Сейчас же у нас происходит самое интенсивное круглосуточное освещение крайнего насилия, которое я могу вспомнить. В вечерних новостях застенчиво говорится, что сцены «слишком ужасны, чтобы их показывать», а затем что «зрители могут найти некоторые сцены тревожными». Это таблоидное телевидение, предлагающее омерзительный вариант того, чем должны быть новости, а именно «факты и их обоснованная интерпретация» (...) Должен быть предел. Время от времени, конечно, надо напоминать о страданиях других и о нашем собственном бессилии, когда дело касается изменения мира вокруг нас. Но я не вижу, чтобы безжалостные изображения ужасов в реальном времени привили какую-либо добродетель. Ожидается, что мы - и наши дети - будем ночь за ночью наблюдать кричащих, истекающих кровью, озлобленных людей. Это не может повысить общественное понимание происходящего, а лишь усилит гнев, раздор и душевное расстройство. Я хочу смотреть новости, но то, что нам показывают, это нечто иное».

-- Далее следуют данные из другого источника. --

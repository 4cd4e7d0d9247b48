-- ===== src/ApiKeyCommand/Execution/Listing.antt =====
-- What `apikey list` shows.
use playwright_distributed.Base.{
  Error, Result, ok, err, ℕ, suc, ◌≡◌, refl, ap, ◌∙◌, subst, ◌≢◌, ◌⊎◌, inl, inr, Bool, Option, none,
  some, List, [], ◌∷◌, ◌++◌, map, arith, if-cases, count, Bytes, count-sort_by, IsOrdered,
  sort_by-IsOrdered, codes,
}
use playwright_distributed.Db.Models.{ApiKey, created_before}
use playwright_distributed.Db.Driver.{World, query}
use playwright_distributed.ApiKeyCommand.{
  list_command, CommandError, statement_failed, cleanup_failed, CommandResult, done, stopped,
}
use playwright_distributed.ApiKeyCommand.Execution.{
  Line, header_line, print_lines, format_time, key_line, listed_keys, list, finished,
  friendly_database_error, report, Circumstances, execute,
}
use playwright_distributed.Db.ApiKeys.{list_api_keys}
use playwright_distributed.Db.Driver.Queries.{query_ok}

abbrev pub older : ApiKey → ApiKey → Bool
older k l = created_before k.created_at k.id l.created_at l.id

CommandResult-cases :
    {A : Type 0} (r : CommandResult A)
    → ((a : A) × (r ≡ done a)) ⊎ ((e : CommandError) × (r ≡ stopped e))
CommandResult-cases (done a) = inl (a, refl)
CommandResult-cases (stopped e) = inr (e, refl)

print_lines-done :
    (prints : ℕ → Bool) (n : ℕ) (lines shown : List Line)
    → print_lines prints n lines ≡ done shown
    → shown ≡ lines
unfolding print_lines
print_lines-done prints n [] shown h = ground arith
print_lines-done prints n (line ∷ lines) shown h =
    elim (CommandResult-cases (print_lines prints (suc n) lines)) [
      | inl (ls, e) ↦ let same = print_lines-done prints (suc n) lines ls e in ground arith
      | inr (x, e) ↦ absurd (ground arith)
    ]

friendly_not_finished :
    (undefined_table : Error → Bool) (e : CommandError) (lines : List Line)
    → friendly_database_error undefined_table e ≢ finished lines
unfolding friendly_database_error
friendly_not_finished undefined_table (statement_failed e) lines =
    if-cases (λ x. x ≢ finished lines) (undefined_table e) _ _ (λ _ h. cc) (λ _ h. cc)
friendly_not_finished undefined_table (cleanup_failed e) lines =
    if-cases (λ x. x ≢ finished lines) (undefined_table e) _ _ (λ _ h. cc) (λ _ h. cc)
friendly_not_finished undefined_table e lines = λ h. cc

-- The text of the header.
abbrev pub column_names : Bytes
column_names = codes "ID\tNAME\tPREFIX\tCREATED_AT\tLAST_USED_AT\tREVOKED_AT\n"

module _ (uuid_text time_text : ℕ → Bytes) (undefined_table : Error → Bool) where
  -- A moment that may be missing, for which a dash stands.
  abbrev MayBe : Option ℕ → Bytes → Type 0
  MayBe none text = text ≡ b'-' ∷ []
  MayBe (some t) text = text ≡ time_text t

  format_time-MayBe : (t : Option ℕ) → MayBe t (format_time uuid_text time_text t)
  format_time-MayBe none = refl
  format_time-MayBe (some t) = refl

  -- The text of a key: its id, name and prefix, when it was made, last used and revoked, with tabs
  -- between them and a line end after them. The name stands as it is, with its tabs and line ends.
  pub record IsRow (k : ApiKey) (text : Bytes) : Type 0 where
    pub used : Bytes
    pub withdrawn : Bytes
    pub when_used : MayBe k.last_used_at used
    pub when_revoked : MayBe k.revoked_at withdrawn
    pub same :
        text
        ≡ uuid_text k.id
          ++ (9 ∷ k.name
              ++ (9 ∷ k.prefix
                  ++ (9 ∷ time_text k.created_at ++ (9 ∷ used ++ (9 ∷ withdrawn ++ (10 ∷ []))))))

  -- One text for each key, in the order of the keys.
  abbrev pub AreRows : List ApiKey → List Bytes → Type 0
  AreRows [] [] = Unit
  AreRows (k ∷ keys) (text ∷ texts) = IsRow k text × AreRows keys texts
  AreRows _ _ = ⊥

  key_line-IsRow : (k : ApiKey) → IsRow k (key_line uuid_text time_text k)
  key_line-IsRow k = record {
    used = format_time uuid_text time_text k.last_used_at;
    withdrawn = format_time uuid_text time_text k.revoked_at;
    when_used = format_time-MayBe k.last_used_at;
    when_revoked = format_time-MayBe k.revoked_at;
    same = refl;
  }

  map-AreRows : (keys : List ApiKey) → AreRows keys (map (key_line uuid_text time_text) keys)
  map-AreRows [] = tt
  map-AreRows (k ∷ keys) = (key_line-IsRow k, map-AreRows keys)

  report-finished :
      (r : CommandResult (List Line) × World) (lines : List Line)
      → (report undefined_table (λ ls. ls) r).0 ≡ finished lines
      → r.0 ≡ done lines
  unfolding report
  report-finished (done ls, w) lines h = ground arith
  report-finished (stopped e, w) lines h = absurd (friendly_not_finished undefined_table e lines h)

  listed_keys-done :
      (prints : ℕ → Bool) (r : Result (List ApiKey) × World) (lines : List Line)
      → (listed_keys uuid_text time_text prints r).0 ≡ done lines
      → (keys : List ApiKey) × ((r.0 ≡ ok keys)
          × (lines ≡ header_line ∷ map (key_line uuid_text time_text) keys))
  unfolding listed_keys
  listed_keys-done prints (err e, w) lines h = cc
  listed_keys-done prints (ok keys, w) lines h = (keys, (refl, print_lines-done prints 0 _ lines h))

  report_world :
      {A : Type 0} (show : A → List Line) (r : CommandResult A × World)
      → (report undefined_table show r).1 ≡ r.1
  unfolding report
  report_world show (done a, w) = refl
  report_world show (stopped e, w) = refl

  listed_keys_world :
      (prints : ℕ → Bool) (r : Result (List ApiKey) × World)
      → (listed_keys uuid_text time_text prints r).1 ≡ r.1
  unfolding listed_keys
  listed_keys_world prints (err e, w) = refl
  listed_keys_world prints (ok keys, w) = refl

  module _ (trim_space sha : Bytes → Bytes) where
    -- When the list command ends without an error, it has handed to the tab writer the names of the
    -- columns and then one row of text for each key of the table, as often as the table has it, in
    -- the order of creation and then of the ids, and it has left the tables as they were; a row is
    -- the id, the name, the prefix and the times of creation, last use and revocation of the key,
    -- with tabs between them, a line end after them, and a dash for a time that the key does not
    -- have.
    pub execute_list :
        (c : Circumstances) (w : World) (lines : List Line)
        → (execute uuid_text time_text undefined_table trim_space sha c list_command w).0
          ≡ finished lines
        → (keys : List ApiKey) × ((texts : List Bytes) × (((lines ≡ column_names ∷ texts)
                × AreRows keys texts)
              × (IsOrdered older keys
                  × (((p : ApiKey → Bool) → count p keys ≡ count p w.db.api_keys)
                      × ((execute uuid_text time_text undefined_table trim_space sha c list_command
                            w).1.db
                          ≡ w.db)))))
    unfolding execute list list_api_keys
    execute_list c w lines h =
        let r = query (λ db. ok (list_api_keys db)) w in
        let shown = report-finished (listed_keys uuid_text time_text c.list_prints r) lines h in
        let (keys, (got, same)) = listed_keys-done c.list_prints r lines shown in
        let (read, kept) = query_ok (λ db. ok (list_api_keys db)) w keys got in
        let sorted : list_api_keys w.db ≡ keys = ground arith in
        (
          keys,
          (
            map (key_line uuid_text time_text) keys,
            (
              (same, map-AreRows keys),
              (
                subst (IsOrdered older) sorted (
                    sort_by-IsOrdered older (λ k l h. ground arith) (λ j k l g h. ground arith)
                      w.db.api_keys),
                (
                  (λ p. rw⁻¹ sorted (count-sort_by older p w.db.api_keys)),
                  ap (λ v. v.db)
                        (report_world (λ ls. ls) (listed_keys uuid_text time_text c.list_prints r))
                      ∙ (ap (λ v. v.db) (listed_keys_world c.list_prints r) ∙ kept),
                ),
              ),
            ),
          ),
        )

В переводе на человеческий данный вопль означает, разумеется, совсем не то, что, что автор счёл возможным выразить в буквах. Рискну заявить, что на самом деле послание было следующее:
- Дискомфорт от наблюдения ужасов должен быть комфортным. Зритель (в данном случае британский) должен испытывать ровно столько дрожи и сочувствия, чтобы в кресле удобно дрожалось и ведёрко попкорна не выпадало из рук до финальных титров.
Сочувствие должно быть достаточно бесчувственным - то есть абстрагированным и безопасно витающим над своим объектом.
Наконец, возникающее чувство вины не должно уничтожать ощущения превосходства. Зритель должен быть виноват ровно настолько, чтобы сделать что-нибудь из линейки социально одобряемых и санкционированных сверху действий - ибо он умничка, взрослый среди полудемонов-полудетей и несёт бремя белого человека.
...Иными словами, правильная фабрика производства сопереживаний должна выдавать такую комбинацию ужаса, сочувствия и вины, чтобы получивший дозу почувствовал себя безопасней, выше и привилегированней, чем был до сеанса.
Смотреть же на кровищу, производимую в поистине библейских масштабах теми, кому ваша страна выражает всемерную поддержку (и лишь робко дёргает за рукав, призывая жестить не так жёстко) - это грубейшее нарушение драматургической магии.
Поэтому старичок-журналист и вздыхает по Украине, с которой было комфортно. С ней можно было ощущать себя на правильной стороне истории и регулярно получать дозы облегчения, перечисляя десять фунтов/баксов/евро куда скажут.
Применительно к Аргентине описанное означает, что темпераментная латиноамериканская публика просто хотела яркого политического шоу, то есть - комфортного просмотра показухи максимально нажористых страстей, забывая в силу эффекта
удалённой головы, что сама же и будет массовкой, непосредственно участвующей в упомянутой показухе.
Со всеми вытекающими из такого участия жизненными последствиями.
Что же, нам остаётся лишь порадоваться, что Москва - почти на 400 лет древнее Буэнос-Айреса, и что в любимом нашем Мордоре политическую показуху обычно не выпускают за пределы телевизионных студий.
В результате чего выжатыми досуха на ярмарке ужасов оказываются лишь
наиболее упоротые хомяки.
Да и те - добровольно, и по причине зашкаливающей тупости.